> Exercise
Locate every line below that contains the word "cases" and copy it.

> Items listed in a dataset

━━━━━━━━━━

-- ===== src/Config/Cycles.antt =====
-- The search for a cycle among the fallbacks (`validateFallbacks` of internal/config/validate.go) in
-- whole: the collection of the fallbacks, and what the search reports.
use agent.Base.{
  subst, ℕ, suc, ◌≡◌, refl, sym, true, none, some, List, [], ◌∷◌, ◌++◌, arith, All, if◌then◌else◌,
  length, inl, inr, Bool-cases, ◌⊎◌,
}
use agent.Text.{Text, text_eq, text_beq_iff, trim_space}
use agent.Map.{
  ◌==◌, Map, lookup, insert, mem, keys, lookup-insert, or_nil, has, mem-keys, length-keys,
}
use agent.Config.Validate.{on_cycle, Check}
use agent.Config.Models.{Checked, fails, passes, Collected, after-Collected, then-Collected}
use agent.Config.Fallbacks.{
  field, collect_targets, collect_sources, validate_fallbacks, cycle_check, Colours, flag, Walk,
  out_of_fuel, cycle_at, walked, edges, walk, unmarked, search_cycles,
}
use agent.Config.Walks.{
  Chain, Ends, ends, Settled, Ready, VisitedAll, idle-le, walk_all-Visited, walk-Visited,
}

-- What the collection keeps: sources and targets are configured models.
record IsConfigured (models : Map Text Text) (n : Map Text (List Text)) : Type 0 where
  sources : (a : Text) → mem a (keys n) ≡ true → mem a (keys models) ≡ true
  targets : (a b : Text) → mem b (edges n a) ≡ true → mem b (keys models) ≡ true

-- The targets of one source, and all of them.
abbrev pub TargetsConfigured : Map Text Text → List Text → Type 0
TargetsConfigured models = All (λ t. has (lookup (trim_space t) models) ≡ true)

abbrev pub AllTargetsConfigured : Map Text Text → Map Text (List Text) → Type 0
AllTargetsConfigured models = All (λ p. TargetsConfigured models p.1)

pub mem-append_one :
    (x y : Text) (l : List Text) → mem x (l ++ y ∷ []) ≡ (if mem x l then true else y == x)
unfolding mem
mem-append_one x y [] = ground arith
mem-append_one x y (z ∷ l) = ground (arith, mem-append_one x y l)

with-Collected :
    (A B : Type 0)
    → A
    → (r : Checked (Map Text (List Text))) → Collected (λ _. B) r
    → Collected (λ _. A × B) r
with-Collected A B a (fails e) h = tt
with-Collected A B a (passes n) h = (a, h)

module _ (models : Map Text Text) where
  add-IsConfigured :
      (source target : Text) (n : Map Text (List Text))
      → has (lookup source models) ≡ true
      → has (lookup target models) ≡ true
      → IsConfigured models n
      → IsConfigured models (insert source (or_nil (lookup source n) ++ target ∷ []) n)
  add-IsConfigured source target n hs ht c =
      let l = or_nil (lookup source n) ++ target ∷ [] in
      record {
        sources = λ a e. ground (
          arith,
          text_beq_iff source a,
          mem-keys a (insert source l n),
          mem-keys a n,
          mem-keys source models,
          lookup-insert a source l n,
          c.sources a,
        );
        targets = λ a b e. ground (
          arith,
          text_beq_iff source a,
          text_beq_iff target b,
          mem-append_one b target (or_nil (lookup source n)),
          mem-keys target models,
          lookup-insert a source l n,
          c.targets a b,
        );
      }

  collect_targets-IsConfigured :
      (source : Text) (j : ℕ) (ts : List Text) (n : Map Text (List Text))
      → has (lookup source models) ≡ true
      → IsConfigured models n
      → Collected (IsConfigured models) (collect_targets models source j ts n)
  unfolding collect_targets
  collect_targets-IsConfigured source j [] n hs c = c
  collect_targets-IsConfigured source j (t ∷ ts) n hs c =
      let target = trim_space t in
      let n' = insert source (or_nil (lookup source n) ++ target ∷ []) n in
      after-Collected (IsConfigured models) _ (collect_targets models source (suc j) ts n') (λ ok.
        collect_targets-IsConfigured source (suc j) ts n' hs
          (add-IsConfigured source target n hs (ground (arith, ok)) c))

  collect_sources-IsConfigured :
      (fallbacks : Map Text (List Text)) (n : Map Text (List Text))
      → IsConfigured models n
      → Collected (IsConfigured models) (collect_sources models fallbacks n)
  unfolding collect_sources
  collect_sources-IsConfigured [] n c = c
  collect_sources-IsConfigured ((s, targets) ∷ fallbacks) n c =
      let source = trim_space s in
      after-Collected (IsConfigured models) _ _ (λ ok.
        then-Collected (IsConfigured models) (IsConfigured models)
          (collect_sources models fallbacks) (collect_targets models source 0 targets n)
          (collect_targets-IsConfigured source 0 targets n (ground (arith, ok)) c)
          (collect_sources-IsConfigured fallbacks))

  collect_targets-Targets :
      (source : Text) (j : ℕ) (ts : List Text) (n : Map Text (List Text))
      → Collected (λ _. TargetsConfigured models ts) (collect_targets models source j ts n)
  unfolding collect_targets
  collect_targets-Targets source j [] n = tt
  collect_targets-Targets source j (t ∷ ts) n =
      let target = trim_space t in
      let n' = insert source (or_nil (lookup source n) ++ target ∷ []) n in
      after-Collected (λ _. TargetsConfigured models (t ∷ ts)) _
        (collect_targets models source (suc j) ts n')
        (λ ok.
          with-Collected _ _ (ground (arith, ok)) (collect_targets models source (suc j) ts n')
            (collect_targets-Targets source (suc j) ts n'))

  pub collect_sources-Targets :
      (fallbacks : Map Text (List Text)) (n : Map Text (List Text))
      → Collected (λ _. AllTargetsConfigured models fallbacks) (collect_sources models fallbacks n)
  unfolding collect_sources
  collect_sources-Targets [] n = tt
  collect_sources-Targets ((s, targets) ∷ fallbacks) n =
      let source = trim_space s in
      after-Collected (λ _. AllTargetsConfigured models ((s, targets) ∷ fallbacks)) _ _
        (λ ok.
          then-Collected (λ _. TargetsConfigured models targets)
            (λ _. AllTargetsConfigured models ((s, targets) ∷ fallbacks))
            (collect_sources models fallbacks) (collect_targets models source 0 targets n)
            (collect_targets-Targets source 0 targets n)
            (λ n' h.
              with-Collected _ _ h (collect_sources models fallbacks n')
                (collect_sources-Targets fallbacks n')))

no_sources : (models : Map Text Text) → IsConfigured models []
unfolding lookup mem
no_sources models = record { sources = λ a e. ground arith; targets = λ a b e. ground arith }

module _ (models : Map Text Text) (n : Map Text (List Text)) (c : IsConfigured models n) where
  root-Ready :
      (m : Text) → mem m (keys n) ≡ true → Ready n (keys models) (suc (length models)) m unmarked
  unfolding lookup
  root-Ready m e = record {
    below = λ x f. ground arith;
    settled = λ x f. ground arith;
    inside = c.sources m e;
    room = omega (arith, idle-le [] (keys models), length-keys models);
  }

  search_cycles-Visited : VisitedAll n (keys models) (keys n) unmarked (search_cycles models n)
  unfolding search_cycles lookup
  search_cycles-Visited =
      let fuel = suc (length models) in
      walk_all-Visited n (keys models) fuel (walk n fuel)
        (walk-Visited n (keys models) c.targets fuel) (keys n) unmarked (λ x f. ground arith)
        root-Ready

  -- A model that is no source has no fallbacks.
  searched-Ends :
      (s : Colours)
      → Settled n s
      → ((b : Text) → mem b (keys n) ≡ true → flag b s.visited ≡ true)
      → (m : Text) → Ends n m
  unfolding mem
  searched-Ends s h all m = elim (Bool-cases (mem m (keys n))) [
    | inl source ↦ h m (all m source)
    | inr no_source ↦ ends (λ b edge. ground (arith, mem-keys m n, no_source))
  ]

  Outcome : Check → Type 0
  Outcome r =
      (r ≡ none) × ((m : Text) → Ends n m)
      ⊎ ((m : Text) × (r ≡ some (record { field = field; at = []; problem = on_cycle m }))
          × Chain n m m)

  cycle_check-outcome :
      (w : Walk) → VisitedAll n (keys models) (keys n) unmarked w → Outcome (cycle_check w)
  unfolding Outcome
  cycle_check-outcome out_of_fuel v = absurd v
  cycle_check-outcome (cycle_at m) v = inr (m, refl, v)
  cycle_check-outcome (walked s) (d, all) = inl (refl, searched-Ends s d.settled all)

-- The search for a cycle ends, and reports one exactly if there is one: once the fallbacks name
-- configured models only, either they are accepted, and from every model each chain of fallbacks
-- ends, or they are rejected with a model that a chain of fallbacks leads back to.
pub validate_fallbacks-Ends :
    (models : Map Text Text) (fallbacks : Map Text (List Text)) {n : Map Text (List Text)}
    → collect_sources models fallbacks [] ≡ passes n
    → let r = validate_fallbacks fallbacks models in
      (r ≡ none) × ((m : Text) → Ends n m)
      ⊎ ((m : Text) × (r ≡ some (record { field = field; at = []; problem = on_cycle m }))
          × Chain n m m)
unfolding validate_fallbacks Outcome
validate_fallbacks-Ends models fallbacks {n} e =
    let c =
      subst (Collected (IsConfigured models)) e
        (collect_sources-IsConfigured models fallbacks [] (no_sources models)) in
    let same : validate_fallbacks fallbacks models ≡ cycle_check (search_cycles models n) =
      rw (e, validate_fallbacks) refl in
    subst (Outcome models n c) (sym same)
      (cycle_check-outcome models n c (search_cycles models n) (search_cycles-Visited models n c))
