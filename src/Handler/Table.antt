-- ===== src/Handler/Table.antt =====
-- The routing tables of a handler (`NewHandler` of internal/llm/handler.go).
use agent.Base.{
  ℕ, ◌≡◌, refl, ap, ◌∙◌, Bool, false, ◌||◌, Option, none, some, List, [], ◌∷◌, ◌++◌, if◌then◌else◌,
  arith,
}
use agent.Text.{Text, text_eq, trim_space}
use agent.Map.{◌==◌, Map, lookup, insert, lookup-insert}
use agent.Config.{AiConfig, ModelBackendConfig}
use agent.Config.Normalize.{normalize_ai_config}
use agent.Candidates.{ModelBackend}
use agent.Handler.{ModelInfo, Tables, make_backend, add_models, add_backend_models, new_handler}

-- The backend of a model by the configuration: the last one that names it.
unfoldable pub serves : Text → List Text → Bool
serves model [] = false
serves model (m ∷ ms) = (trim_space m == model) || serves model ms

unfoldable pub configured_backend :
    Text → List ModelBackendConfig → Option ModelBackend → Option ModelBackend
unfolding serves
configured_backend model [] found = found
configured_backend model (cfg ∷ cfgs) found =
    configured_backend model cfgs
      (if serves model cfg.models then some (make_backend cfg) else found)

add_models-lookup :
    (model : Text) (backend : ModelBackend) (ms : List Text) (t : Tables)
    → lookup model (add_models backend ms t).0
      ≡ (if serves model ms then some backend else lookup model t.0)
unfolding add_models serves
add_models-lookup model backend [] t = refl
add_models-lookup model backend (m ∷ ms) (bs, infos) =
    let info : ModelInfo = record { id = trim_space m; backend = backend.cfg.name } in
    ground (
      arith,
      add_models-lookup model backend ms (insert (trim_space m) backend bs, infos ++ info ∷ []),
      lookup-insert model (trim_space m) backend bs,
    )

add_backend_models-lookup :
    (model : Text) (cfgs : List ModelBackendConfig) (t : Tables)
    → lookup model (add_backend_models cfgs t).0 ≡ configured_backend model cfgs (lookup model t.0)
unfolding add_backend_models configured_backend
add_backend_models-lookup model [] t = refl
add_backend_models-lookup model (cfg ∷ cfgs) t =
    add_backend_models-lookup model cfgs (add_models (make_backend cfg) cfg.models t)
    ∙ ap (configured_backend model cfgs) (add_models-lookup model (make_backend cfg) cfg.models t)

-- A new handler sends a model to the last backend of the configuration that names it, up to the space
-- around the name, and knows no other model.
pub new_handler-lookup :
    (cfg : AiConfig) (metrics : Option (Map Text ℕ)) (model : Text)
    → lookup model (new_handler cfg metrics).routes.backends
      ≡ configured_backend model cfg.backends none
unfolding new_handler normalize_ai_config lookup
new_handler-lookup cfg metrics model = add_backend_models-lookup model cfg.backends ([], [])
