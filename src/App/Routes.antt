-- ===== src/App/Routes.antt =====
-- The routing tables of a handler that is made from an accepted configuration (`Validate` of
-- internal/config/validate.go before `NewHandler` of internal/llm/handler.go).
use agent.Base.{
  ℕ, suc, ◌≡◌, refl, sym, ◌∙◌, true, ◌||◌, Option, none, some, List, [], ◌∷◌, ◌++◌, arith,
  if◌then◌else◌, Bool-cases, inl, inr,
}
use agent.Text.{Text, text_eq, text_beq_iff, trim_space, is_empty}
use agent.Map.{Map, lookup, insert, mem, has, or_nil, lookup-insert}
use agent.Config.{Config, AiConfig, ModelBackendConfig}
use agent.Config.Normalize.{normalize_ai_config, add_targets, add_sources, normalize_fallbacks}
use agent.Config.Validate.{Parsers}
use agent.Config.Models.{
  Checked, fails, passes, Seen, check_models, check_backend, check_backends, Collected,
  after-Collected, then-Collected, Collected-map,
}
use agent.Config.Fallbacks.{collect_sources, validate_fallbacks, cycle_check, search_cycles}
use agent.Config.Cycles.{
  AllTargetsConfigured, TargetsConfigured, mem-append_one, collect_sources-Targets,
}
use agent.Config.Whole.{validate, validate_ai, check_routes, nothing_seen}
use agent.Candidates.{ModelBackend, targets, is_configured}
use agent.Handler.{new_handler, make_backend}
use agent.Handler.Table.{serves, configured_backend, new_handler-lookup}
use agent.App.Accepted.{ai-accepted}

check_models-serves :
    (at : List ℕ) (j : ℕ) (name : Text) (ms : List Text) (owners : Map Text Text)
    → Collected
        (λ owners'. (m : Text) → has (lookup m owners') ≡ (serves m ms || has (lookup m owners)))
        (check_models at j name ms owners)
unfolding check_models serves
check_models-serves at j name [] owners = λ m. refl
check_models-serves at j name (x ∷ ms) owners =
    let model = trim_space x in
    let owners₁ = insert model name owners in
    let rest = check_models at (suc j) name ms owners₁ in
    after-Collected _ _ rest (λ ok.
      Collected-map rest
        (λ owners' same m. ground (arith, same m, lookup-insert m model name owners))
        (check_models-serves at (suc j) name ms owners₁))

module _ {F : Type 0} (p : Parsers F) where
  check_backend-serves :
      (i : ℕ) (cfg : ModelBackendConfig) (seen : Seen)
      → Collected
          (λ seen'.
            (m : Text)
            → has (lookup m seen'.models) ≡ (serves m cfg.models || has (lookup m seen.models)))
          (check_backend p i cfg seen)
  unfolding check_backend
  check_backend-serves i cfg seen =
      let name = trim_space cfg.name in
      let owners = check_models (i ∷ []) 0 name cfg.models seen.models in
      let keep : Map Text Text → Checked Seen =
        λ ms. passes (record { names = name ∷ seen.names; models = ms }) in
      let next : Checked Seen = elim owners [ fails e ↦ fails e | passes ms ↦ keep ms ] in
      let Owns : Map Text Text → Type 0 = λ ms.
        (m : Text) → has (lookup m ms) ≡ (serves m cfg.models || has (lookup m seen.models)) in
      let P : Seen → Type 0 = λ s. Owns s.models in
      after-Collected P _ next (λ ok.
        then-Collected Owns P keep owners
          (check_models-serves (i ∷ []) 0 name cfg.models seen.models) (λ ms e. e))

  check_backends-configured :
      (i : ℕ) (cfgs : List ModelBackendConfig) (seen : Seen) (found : Text → Option ModelBackend)
      → ((m : Text) → has (found m) ≡ has (lookup m seen.models))
      → Collected
          (λ seen'.
            (m : Text) → has (lookup m seen'.models) ≡ has (configured_backend m cfgs (found m)))
          (check_backends p i cfgs seen)
  unfolding check_backends configured_backend
  check_backends-configured i [] seen found e = λ m. sym (e m)
  check_backends-configured i (cfg ∷ cfgs) seen found e =
      let now : Text → Option ModelBackend =
        λ m. if serves m cfg.models then some (make_backend cfg) else found m in
      then-Collected _ _ (check_backends p (suc i) cfgs) (check_backend p i cfg seen)
        (check_backend-serves i cfg seen)
        (λ seen' same.
          check_backends-configured (suc i) cfgs seen' now (λ m. ground (arith, e m, same m)))

-- Every target of the fallbacks is a key of the map.
record Within (models : Map Text Text) (n : Map Text (List Text)) : Type 0 where
  within : (a b : Text) → mem b (or_nil (lookup a n)) ≡ true → has (lookup b models) ≡ true

module _ (models : Map Text Text) where
  add-Within :
      (source t : Text) (n : Map Text (List Text))
      → has (lookup t models) ≡ true
      → Within models n
      → Within models (insert source (or_nil (lookup source n) ++ t ∷ []) n)
  add-Within source t n h w =
      let l = or_nil (lookup source n) ++ t ∷ [] in
      record {
        within = λ a b e. ground (
          arith,
          text_beq_iff source a,
          text_beq_iff t b,
          mem-append_one b t (or_nil (lookup source n)),
          lookup-insert a source l n,
          w.within a b,
        );
      }

  add_targets-Within :
      (source : Text) (seen ts : List Text) (n : Map Text (List Text))
      → TargetsConfigured models ts
      → Within models n
      → Within models (add_targets source seen ts n)
  unfolding add_targets
  add_targets-Within source seen [] n c w = w
  add_targets-Within source seen (x ∷ ts) n (h, c) w =
      let t = trim_space x in
      let n' = insert source (or_nil (lookup source n) ++ t ∷ []) n in
      elim (Bool-cases (is_empty t || mem t seen)) [
        | inl skip ↦ ground (arith, add_targets-Within source seen ts n c w)
        | inr keep ↦
            ground (arith, add_targets-Within source (t ∷ seen) ts n' c (add-Within source t n h w))
      ]

  add_sources-Within :
      (fallbacks n : Map Text (List Text))
      → AllTargetsConfigured models fallbacks
      → Within models n
      → Within models (add_sources fallbacks n)
  unfolding add_sources
  add_sources-Within [] n c w = w
  add_sources-Within ((source, ts) ∷ rest) n (h, c) w =
      let s = trim_space source in
      elim (Bool-cases (is_empty s)) [
        | inl skip ↦ rw (skip) (add_sources-Within rest n c w)
        | inr keep ↦
            rw (keep)
              (add_sources-Within rest (add_targets s [] ts n) c (add_targets-Within s [] ts n h w))
      ]

  no_sources-Within : Within models []
  unfolding mem lookup
  no_sources-Within = record { within = λ a b e. ground arith }

  validate_fallbacks-Within :
      (fallbacks : Map Text (List Text))
      → validate_fallbacks fallbacks models ≡ none
      → Within models (normalize_fallbacks fallbacks)
  unfolding validate_fallbacks normalize_fallbacks
  validate_fallbacks-Within fallbacks ok =
      elim (collect_sources models fallbacks [])
          as (λ r.
            Collected (λ _. AllTargetsConfigured models fallbacks) r
            → elim r [ fails e ↦ some e | passes n ↦ cycle_check (search_cycles models n) ] ≡ none
            → Within models (normalize_fallbacks fallbacks)) [
              | fails e ↦ λ c bad. absurd (ground arith)
              | passes n ↦ λ c good. add_sources-Within fallbacks [] c no_sources-Within
            ]
        (collect_sources-Targets models fallbacks []) ok

-- A fallback of an accepted configuration is a model of one of its backends.
check_routes-configured :
    (cfg : AiConfig) (r : Checked Seen)
    → Collected
        (λ seen.
          (m : Text) → has (lookup m seen.models) ≡ has (configured_backend m cfg.backends none))
        r
    → check_routes cfg.fallbacks r ≡ none
    → (model target : Text)
    → mem target (or_nil (lookup model (normalize_fallbacks cfg.fallbacks))) ≡ true
    → has (configured_backend target cfg.backends none) ≡ true
unfolding check_routes
check_routes-configured cfg (fails e) same ok = absurd (ground arith)
check_routes-configured cfg (passes seen) same ok = λ model target listed.
    let w = validate_fallbacks-Within seen.models cfg.fallbacks ok in
    sym (same target) ∙ w.within model target listed

module _ {F : Type 0} (p : Parsers F) (c : Config F) where
  routes-accepted :
      validate p c ≡ none
      → check_routes c.ai.fallbacks (check_backends p 0 c.ai.backends nothing_seen) ≡ none
  unfolding validate_ai
  routes-accepted ok = ground (arith, ai-accepted p c ok)

  backends-configured :
      Collected
        (λ seen.
          (m : Text) → has (lookup m seen.models) ≡ has (configured_backend m c.ai.backends none))
        (check_backends p 0 c.ai.backends nothing_seen)
  unfolding lookup
  backends-configured =
      check_backends-configured p 0 c.ai.backends nothing_seen (λ m. none) (λ m. refl)

  -- Every fallback of a model is served: once a configuration is accepted, each target that a new
  -- handler reads for a model from its fallbacks is a model that the handler knows.
  pub validate-targets :
      (metrics : Option (Map Text ℕ))
      → validate p c ≡ none
      → (model target : Text) → mem target (targets (new_handler c.ai metrics).routes model) ≡ true
      → is_configured (new_handler c.ai metrics).routes target ≡ true
  unfolding new_handler normalize_ai_config
  validate-targets metrics ok model target e = rw (new_handler-lookup c.ai metrics target) (
      check_routes-configured c.ai (check_backends p 0 c.ai.backends nothing_seen)
        backends-configured (routes-accepted ok) model target e)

━━━━━━━━━━

> Task answer
  length, inl, inr, Bool-cases, ◌⊎◌,
  searched-Ends s h all m = elim (Bool-cases (mem m (keys n))) [
  if◌then◌else◌, Bool-cases, inl, inr,
      elim (Bool-cases (is_empty t || mem t seen)) [
      elim (Bool-cases (is_empty s)) [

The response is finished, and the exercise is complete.